All three of those scenarios highlight the hefty price tag of stolen data and how important it is to prevent breaches. You can do your part by prioritizing security awareness at work, home, and everywhere in between.
How Data Breaches Happen
One of the best ways to prevent data breaches is by gaining an understanding of how they happen in the first place. Let’s explore five common reasons breaches occur and how you can avoid them.
Social Engineering Attacks
Social engineers use manipulation to mislead people into doing something they shouldn’t. For example, they might impersonate someone
from the IT department and ask an employee to confirm their username and password.
- Avoid it: Stay alert for common warning signs of scams, such as threatening language and urgent requests, and never assume someone is who they claim to be.
Malware Infections
Malware refers to malicious code or software that can steal data and spy on people. It can also lock up systems or data until the victim agrees to pay a specified ransom. This is known as ransomware.

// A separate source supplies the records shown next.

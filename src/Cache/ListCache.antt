-- ===== src/Cache/ListCache.antt =====
-- pkg/cache/list_cache.go: the cache of listed pages. As in the object cache, a map says which keys
-- have an element of the LRU list, the most recent first. `show_int` stands for the `%d` of
-- fmt.Sprintf. A call runs alone, so that a miss leads its own fetch; each reading of the clock is
-- an argument. A copy of a page is the page.
pub mod Capacity
pub mod Invalidation
pub mod Keys
pub mod Tests
use jaydb.Base.{
  ℕ, zero, suc, ◌+◌, ◌-◌, ◌%◌, ◌^◌, List, [], ◌∷◌, ◌++◌, Str, StrMap, Bool, true, false, ◌||◌, not,
  Option, none, some, if◌then◌else◌, ltb, leb, ◌==◌, length, take, get_elem?, remove_at, keep_if,
  lookup, insert, erase, str_eq, has_prefix, codes, ℤ, pos_part, Result, ok, err,
}
use jaydb.Storage.{KeyMeta, ListOptions, Error}

-- 24 hours, in nanoseconds
abbrev default_list_ttl : ℕ
default_list_ttl = 86400000000000

abbrev default_list_max_pages : ℕ
default_list_max_pages = 500

pub record ListKey : Type 0 where
  pub prefix : Str
  pub cursor : Str
  pub limit : ℕ

pub record Page : Type 0 where
  pub key : ListKey
  pub metas : List KeyMeta
  pub next_cursor : Str
  pub fetched_at : ℕ
  pub last_accessed : ℕ

pub record ListCache : Type 0 where
  pub ttl : ℕ
  pub max : ℕ
  pub items : StrMap (Unit {0})
  pub lru : List Page
  pub hits : ℕ
  pub misses : ℕ
  pub evictions : ℕ
  pub invalidations : ℕ

abbrev pub add_uint64 : ℕ → ℕ → ℕ
add_uint64 a b = (a + b) % 2 ^ 64

abbrev pub or_default : ℕ → ℤ → ℕ
or_default d n = if leb (pos_part n) 0 then d else pos_part n

unfoldable pub new_list_cache : ℤ → ℤ → ListCache
new_list_cache ttl max_pages = record {
  ttl = or_default default_list_ttl ttl;
  max = or_default default_list_max_pages max_pages;
  items = [];
  lru = [];
  hits = 0;
  misses = 0;
  evictions = 0;
  invalidations = 0;
}

-- `delete(c.items, oldEntry.key.String()); c.lru.Remove(oldest)`, of the element at the place `i`
abbrev pub remove_page : Str → ℕ → ListCache → ListCache
remove_page s i c = record c { items = erase s c.items; lru = remove_at i c.lru }

abbrev pub is_fresh : ListCache → ℕ → Page → Bool
is_fresh c now p = leb c.ttl 0 || ltb (now - p.last_accessed) c.ttl

module _ (show_int : ℕ → Str) where
  -- `ListCacheKey.String`
  unfoldable pub key_string : ListKey → Str
  key_string k = k.prefix ++ codes "|" ++ k.cursor ++ codes "|" ++ show_int k.limit

  unfoldable pub find_page : Str → List Page → Option ℕ
  find_page s [] = none
  find_page s (p ∷ ps) =
      if str_eq (key_string p.key) s
      then some 0
      else elim (find_page s ps) [ none ↦ none | some i ↦ some (suc i) ]

  -- `el, found := c.items[mapKey]`, with the entry of the element.
  unfoldable pub find_entry : Str → ListCache → Option (ℕ × Page)
  find_entry s c = elim (lookup s c.items) [
    | none ↦ none
    | some _ ↦ elim (find_page s c.lru) [
      | none ↦ none
      | some i ↦ elim (get_elem? c.lru i) [ none ↦ none | some p ↦ some (i, p) ]
    ]
  ]

  -- A hit: the entry is stamped and moved to the front.
  unfoldable pub hit : ℕ → Page → ℕ → ListCache → ListCache
  hit i p now c = record c {
    lru = record p { last_accessed = now } ∷ remove_at i c.lru;
    hits = add_uint64 c.hits 1;
  }

  -- The eviction loop of `ListPage`. A round takes the last element, so one round more than there
  -- are elements is enough fuel.
  unfoldable pub evict_over : ℕ → ListCache → ListCache
  evict_over zero c = c
  evict_over (suc fuel) c =
      if leb c.max (length c.lru)
      then elim (get_elem? c.lru (length c.lru - 1)) [
        | none ↦ c
        | some p ↦ evict_over fuel (record (remove_page (key_string p.key) (length c.lru - 1) c) {
          evictions = add_uint64 c.evictions 1;
        })
      ]
      else c

  -- The admission of a page that was fetched.
  unfoldable pub admit_page : ListKey → List KeyMeta → Str → ℕ → ListCache → ListCache
  admit_page k metas next now c =
      let page : Page = record {
        key = k;
        metas = metas;
        next_cursor = next;
        fetched_at = now;
        last_accessed = now;
      } in
      elim (find_entry (key_string k) c) [
        | some (i, p) ↦ record c { lru = record page { key = p.key } ∷ remove_at i c.lru }
        | none ↦
            let c' = evict_over (suc (length c.lru)) c in
            record c' { items = insert (key_string k) tt c'.items; lru = page ∷ c'.lru }
      ]

  -- `ListPage` behind the first lookup: the entry is looked up again, then the storage is asked. The
  -- two readings of the clock at the second lookup are taken to be one.
  unfoldable pub lead :
      (ListOptions → Result Error (List KeyMeta × Str))
      → ListKey
      → ListOptions
      → ℕ
      → ℕ
      → ListCache
      → Result Error (List KeyMeta × Str) × ListCache
  lead fetch k opts checked now c =
      let c' = record c { misses = add_uint64 c.misses 1 } in
      elim (find_entry (key_string k) c') [
        | some (i, p) ↦ elim (is_fresh c' checked p) [
          | true ↦ (ok (p.metas, p.next_cursor), hit i p checked c')
          | false ↦ elim (fetch opts) [
            | err e ↦ (err e, c')
            | ok (metas, next) ↦ (ok (metas, next), admit_page k metas next now c')
          ]
        ]
        | none ↦ elim (fetch opts) [
          | err e ↦ (err e, c')
          | ok (metas, next) ↦ (ok (metas, next), admit_page k metas next now c')
        ]
      ]

  -- `ListPage`. `fetch` is the driver's `List` of the prefix.
  unfoldable pub list_page :
      (ListOptions → Result Error (List KeyMeta × Str))
      → Str
      → ListOptions
      → ℕ
      → ℕ
      → ℕ
      → ListCache
      → Result Error (List KeyMeta × Str) × ListCache
  list_page fetch prefix opts asked checked now c =
      let k : ListKey = record { prefix = prefix; cursor = opts.cursor; limit = opts.limit } in
      elim (find_entry (key_string k) c) [
        | some (i, p) ↦ elim (is_fresh c asked p) [
          | true ↦ (ok (p.metas, p.next_cursor), hit i p asked c)
          | false ↦ lead fetch k opts checked now (remove_page (key_string k) i c)
        ]
        | none ↦ lead fetch k opts checked now c
      ]

  -- The removal loop of both invalidations. The elements that the code finds through the map are
  -- those of the list; the order in which they go is of no account.
  unfoldable pub drop_pages : (Page → Bool) → List Page → ListCache → ListCache
  drop_pages hit [] c = record c { lru = [] }
  drop_pages hit (p ∷ ps) c =
      let c' = drop_pages hit ps (
        if hit p
        then record c {
          items = erase (key_string p.key) c.items;
          invalidations = add_uint64 c.invalidations 1;
        }
        else c) in
      if hit p then c' else record c' { lru = p ∷ c'.lru }

  abbrev pub touches_key : Str → Page → Bool
  touches_key key p = str_eq p.key.prefix [] || has_prefix key p.key.prefix

  unfoldable pub invalidate_key : Str → ListCache → ListCache
  invalidate_key key c = drop_pages (touches_key key) c.lru c

  abbrev pub overlaps : Str → Page → Bool
  overlaps prefix p =
      str_eq prefix []
      || (str_eq p.key.prefix []
          || (has_prefix p.key.prefix prefix || has_prefix prefix p.key.prefix))

  unfoldable pub invalidate_prefix : Str → ListCache → ListCache
  invalidate_prefix prefix c = drop_pages (overlaps prefix) c.lru c

unfoldable pub purge : ListCache → ListCache
purge c = record c { items = []; lru = [] }

unfoldable pub size : ListCache → ℕ
size c = length c.items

- Avoid it: Use extreme caution before opening links or attachments. Never plug in random USB devices, such as flash drives and charging cables, which cybercriminals use to spread malware.
Outdated Software
There’s a reason why developers regularly issue software and firmware updates. Sometimes, it’s to improve functionality or fix something. Updates are also a vital part of patching security vulnerabilities.
- Avoid it: Always keep your personal devices and apps up to date. At work, follow policies for when to run updates and never install any software without approval from your organization.
Weak Passwords
Nothing makes a cybercriminal’s job easier than when people use weak, easy-to-crack passwords for online accounts.
- Avoid it: Ensure every account and device gets a long, unique password. Consider using a passphrase — a combination of words that are easy for you to remember but hard for others to guess.
Human Error
Here’s an unfortunate fact: Human error is one of the leading causes of breaches. From circumventing policy to opening malicious links or attachments, mistakes
add up and can be quite costly.
- Avoid it: Many mistakes occur because someone is rushing through a task or not paying attention. By simply slowing down and using situational awareness,
you can avoid accidentally causing security incidents.